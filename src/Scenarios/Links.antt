-- ===== src/Scenarios/Links.antt =====
-- Join links, with a concrete hexadecimal codec, digest and relay addresses.
use sora_kaigi.Base.{
  ℕ, zero, suc, ◌+◌, ◌*◌, ◌-◌, ◌/◌, ◌%◌, ◌<◌, ◌≡◌, refl, ap, Bool, true, false, ◌&&◌, Option, none,
  some, [], ◌∷◌, all, length, leb, ltb, str_beq, get, and-true, ltb→lt, arith, if◌then◌else◌,
}
use sora_kaigi.Base.Text.{
  Str, lit, is_utf8, trim_str, chars, trim, trim_start, trim_end, utf8, to_ascii_lowercase,
}
use sora_kaigi.Base.Results.{ok, is_ok}
use sora_kaigi.Cli.Args.{
  Host, decode_hex_32, thirty_two, privacy_mode_word, validate_privacy_mode_arg,
}
use sora_kaigi.Cli.Percent.{IsBytes}
use sora_kaigi.Cli.Link.Query.{IsText}
use sora_kaigi.Cli.Hex.{IsFaithful, IsLowerHex}
use sora_kaigi.Cli.Link.{JoinLinkPayload, render_join_link}
use sora_kaigi.Cli.Link.Nonces.{active, register_join_link_nonce_once}
use sora_kaigi.Cli.Link.Parse.{parse_join_link}
use sora_kaigi.Cli.Link.Make.{MakeJoinLinkArgs, make_join_link, unsigned_payload}
use sora_kaigi.Cli.Link.Kept.{parse_all}
use sora_kaigi.Cli.Link.Replay.{accepted_link_is_refused}
use sora_kaigi.Cli.Link.Accepted.{IsMakeable, issued, parse-issued, made_link_is_accepted}
use sora_kaigi.Scenarios.Fixtures.{repeat}

abbrev lower_digit : ℕ → ℕ
lower_digit n = if ltb n 10 then 48 + n else 87 + n

encode : Str → Str
encode [] = []
encode (b ∷ s) = lower_digit (b / 16) ∷ lower_digit (b % 16) ∷ encode s

abbrev digit_value : ℕ → ℕ
digit_value c = if ltb c 58 then c - 48 else c - 87

abbrev put_byte : ℕ → Option Str → Option Str
put_byte b none = none
put_byte b (some s) = some (b ∷ s)

abbrev is_lower : ℕ → Bool
is_lower c = if leb 48 c && leb c 57 then true else leb 97 c && leb c 102

decode : Str → Option Str
decode [] = some []
decode (a ∷ []) = none
decode (a ∷ b ∷ s) =
    let rest = decode s in
    if is_lower a && is_lower b then put_byte (digit_value a * 16 + digit_value b) rest else none

-- Two relays.
address : Bool → Str
unfolding lit
address true = lit "127.0.0.1:9000"
address false = lit "[::1]:9000"

read_address : Str → Option Bool
unfolding lit str_beq
read_address s =
    if str_beq s (lit "127.0.0.1:9000")
    then some true
    else if str_beq s (lit "[::1]:9000")
    then some false
    else none

total : Str → ℕ
total [] = 0
total (b ∷ s) = (total s * 31 + b) % 256

abbrev sum32 : Str → Str
sum32 s = repeat 32 (total s % 256)

unfoldable host : Host Bool
unfolding encode decode address read_address total
host = record {
  hex_encode = encode;
  hex_decode = decode;
  blake3_hex = λ s. encode (sum32 s);
  show_addr = address;
  parse_addr = read_address;
}

digit-IsLower : (n : ℕ) → n < 16 → is_lower (lower_digit n) ≡ true
digit-IsLower n h = ground arith

digit-value : (n : ℕ) → n < 16 → digit_value (lower_digit n) ≡ n
digit-value n h = ground arith

decode-encode : (bytes : Str) → IsBytes bytes → decode (encode bytes) ≡ some bytes
unfolding decode encode
decode-encode [] h = refl
decode-encode (b ∷ s) h =
    let (first, rest) = and-true (ltb b 256) (all (λ c. ltb c 256) s) h in
    let small = ltb→lt b 256 first in
    let high : b / 16 < 16 = omega arith in
    let low : b % 16 < 16 = omega arith in
    rw
      (
        decode-encode s rest,
        digit-IsLower (b / 16) high,
        digit-IsLower (b % 16) low,
        digit-value (b / 16) high,
        digit-value (b % 16) low,
      )
      (ap (λ (c : ℕ). some (c ∷ s)) (omega arith))

encode-IsLowerHex : (bytes : Str) → IsBytes bytes → IsLowerHex (encode bytes)
unfolding encode
encode-IsLowerHex [] h = refl
encode-IsLowerHex (b ∷ s) h = ground (arith, encode-IsLowerHex s)

length-encode : (bytes : Str) → length (encode bytes) ≡ length bytes * 2
unfolding encode
length-encode [] = refl
length-encode (b ∷ s) = omega (arith, length-encode s)

repeat-IsBytes : (n c : ℕ) → c < 256 → IsBytes (repeat n c)
repeat-IsBytes zero c h = refl
repeat-IsBytes (suc n) c h = ground (arith, repeat-IsBytes n c h)

address-IsText : (a : Bool) → IsText (address a)
unfolding address lit is_utf8
address-IsText true = (refl, refl)
address-IsText false = (refl, refl)

read_address-address : (a : Bool) → read_address (address a) ≡ some a
unfolding read_address address str_beq lit
read_address-address true = refl
read_address-address false = refl

host-IsFaithful : IsFaithful host
unfolding host
host-IsFaithful = record {
  decode_encode = decode-encode;
  encode_digits = encode-IsLowerHex;
  encode_length = length-encode;
  digest = sum32;
  digest_length = λ s. refl;
  digest_bytes = λ s. repeat-IsBytes 32 (total s % 256) (omega arith);
  digest_hex = λ s. refl;
  addr_read = read_address-address;
  addr_text = address-IsText;
}

abbrev channel : Str
channel = repeat 32 171

args : MakeJoinLinkArgs Bool
unfolding lit host encode
args = record {
  relay = true;
  channel = encode (repeat 32 171);
  server_name = none;
  authenticated = true;
  insecure = false;
  torii = some (lit "https://torii.example/?a=b&c");
  pay_to = some (lit "alice@wonderland");
  kaigi_domain = some (lit "calls");
  kaigi_call_name = some (lit "weekly sync");
  kaigi_privacy_mode = some (lit "zk-roster-v1");
  expires_in_secs = 3600;
  legacy_v1 = false;
  allow_local_handshake = false;
}

abbrev nonce : Str
nonce = repeat 16 7

args-IsMakeable : IsMakeable host args channel
unfolding args host lit encode decode decode_hex_32 thirty_two is_utf8 validate_privacy_mode_arg
    privacy_mode_word trim_str chars trim trim_start trim_end utf8 to_ascii_lowercase str_beq
args-IsMakeable = record {
  is_signed = refl;
  is_routed = refl;
  channel_read = refl;
  channel_bytes = refl;
  channel_size = refl;
  server_name_word = tt;
  torii_word = ((refl, refl), tt);
  pay_to_word = ((refl, refl), tt);
  domain_word = ((refl, refl), tt);
  call_name_word = ((refl, refl), tt);
  call_named = refl;
  mode_valid = refl;
  some_time = omega arith;
  short_time = omega arith;
}

nonce-is_fresh :
    is_ok ((register_join_link_nonce_once [] 2100 (host.hex_encode nonce) 3601000).1) ≡ true
unfolding register_join_link_nonce_once active get
nonce-is_fresh = refl

abbrev payload : JoinLinkPayload Bool
payload = issued host host-IsFaithful args channel 1000 nonce

made_link_is_accepted_example :
    (link : Str) × (make_join_link host args 1000 nonce ≡ ok link)
    × ((parse_join_link host link [] 2000 2100).1 ≡ ok payload)
unfolding args
made_link_is_accepted_example =
    made_link_is_accepted host host-IsFaithful args channel 1000 nonce [] 2000 2100 args-IsMakeable
      refl refl (omega arith) (omega arith) (omega arith) nonce-is_fresh

abbrev link : Str
link = render_join_link host payload

-- The link is read again, after another one that cannot be read.
accepted_link_is_refused_example :
    is_ok (
      (parse_join_link host link
        (parse_all host
          ((parse_join_link host link [] 2000 2100).0)
          (record { link = nonce; now = 2200; later = 2200 } ∷ []))
        3000
        3001).1)
    ≡ false
unfolding args unsigned_payload
accepted_link_is_refused_example =
    accepted_link_is_refused host link [] 2000 2100 3601000 payload
      (record { link = nonce; now = 2200; later = 2200 } ∷ []) 3000 3001
      (parse-issued host host-IsFaithful args channel 1000 nonce [] 2000 2100 args-IsMakeable refl
        refl (omega arith) (omega arith) (omega arith) nonce-is_fresh)
      refl refl (omega arith, tt) (omega arith)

• • • • • • •

- _TASK INSTRUCTIONS_: Number of lines with the string "active" in the data above: report this figure and nothing more.

- _RESULT OF THE EXERCISE_: 2